Repository files navigation

Unifill

Shim your code to support Unicode across all platforms.

PHP Python Java JVM C# JS/Node Interp Neko HashLink Lua C++

Usage

The declaration using unifill.Unifill; introduces the methods whose name starts with u into String instances. Replace all methods of Strings in your code with Unifill's methods, and your code will be able to deal with Unicode strings across all platforms.

using unifill.Unifill;
import unifill.CodePoint;

class Main {
  public static function main() : Void {
    trace("日本語".uLength()); // ==> 3
    trace("русский".uCharAt(5)); // ==> и
    trace("🍺".uCodePointAt(0).toInt()); // ==> 127866
    trace(CodePoint.fromInt(0x1F37B)); // ==> 🍻
    for (c in "♠♡♢♣".uIterator()) {
      trace(c);
      trace(c + 4);
    }
  }
}

Iteration

You might write for loops like this:

function f(s : String) : Void {
  for (i in s.uLength()) {
    trace(s.uCharAt(i));
  }
}

But this way may be inefficient because f(s) has order of the square of the length of s.
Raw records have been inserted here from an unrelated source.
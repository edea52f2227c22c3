-- ===== src/Line/Split.antt =====
-- A comma-separated line, read back.
use esp_csi_rs.Base.{
  ℕ, ◌≢◌, ◌≡◌, refl, ap, ◌∙◌, List, [], ◌∷◌, ◌++◌, ◌==◌, if◌then◌else◌, if-false, All, arith,
}

abbrev pub NoComma : List ℕ → Type 0
NoComma s = All (λ (c : ℕ). c ≢ b',') s

abbrev pub on_head : ℕ → List (List ℕ) → List (List ℕ)
on_head c [] = (c ∷ []) ∷ []
on_head c (w ∷ ws) = (c ∷ w) ∷ ws

-- The texts between the commas.
unfoldable pub split : List ℕ → List (List ℕ)
split [] = [] ∷ []
split (c ∷ s) = if c == b',' then [] ∷ split s else on_head c (split s)

pub split-comma : (s rest : List ℕ) → NoComma s → split (s ++ (b',' ∷ rest)) ≡ s ∷ split rest
unfolding split
split-comma [] rest free = refl
split-comma (c ∷ s) rest free =
    if-false {b = c == b','} _ _ (ground (arith, free.0))
    ∙ ap (on_head c) (split-comma s rest free.1)

pub split-last : (s : List ℕ) → NoComma s → split s ≡ s ∷ []
unfolding split
split-last [] free = refl
split-last (c ∷ s) free =
    if-false {b = c == b','} _ _ (ground (arith, free.0)) ∙ ap (on_head c) (split-last s free.1)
Instead, you can use uIterator to make the function linear time:

function f(s : String) : Void {
  for (c in s.uIterator()) {
    trace(c.toString());
  }
}

uIterator iterates over each code point in the string.

InternalEncoding

For advanced usage, you can use InternalEncoding, which provides methods treating variable-length encoding without considering which encoding form is practically used.

These methods index by code units. That is, the value of InternalEncoding.charAt("эюя", 2) varies depending the target environment: the Neko target gives "ю", while the other targets give "я".

InternalEncoding.codePointWidthAt returns the number of code units the code point is consist of, so any platform gives "ю" for the following expression:

InternalEncoding.charAt("эюя", InternalEncoding.codePointWidthAt("эюя", 0))

Target Notes

  • Some targets will break, silently on some targets, when trying handle the Null character.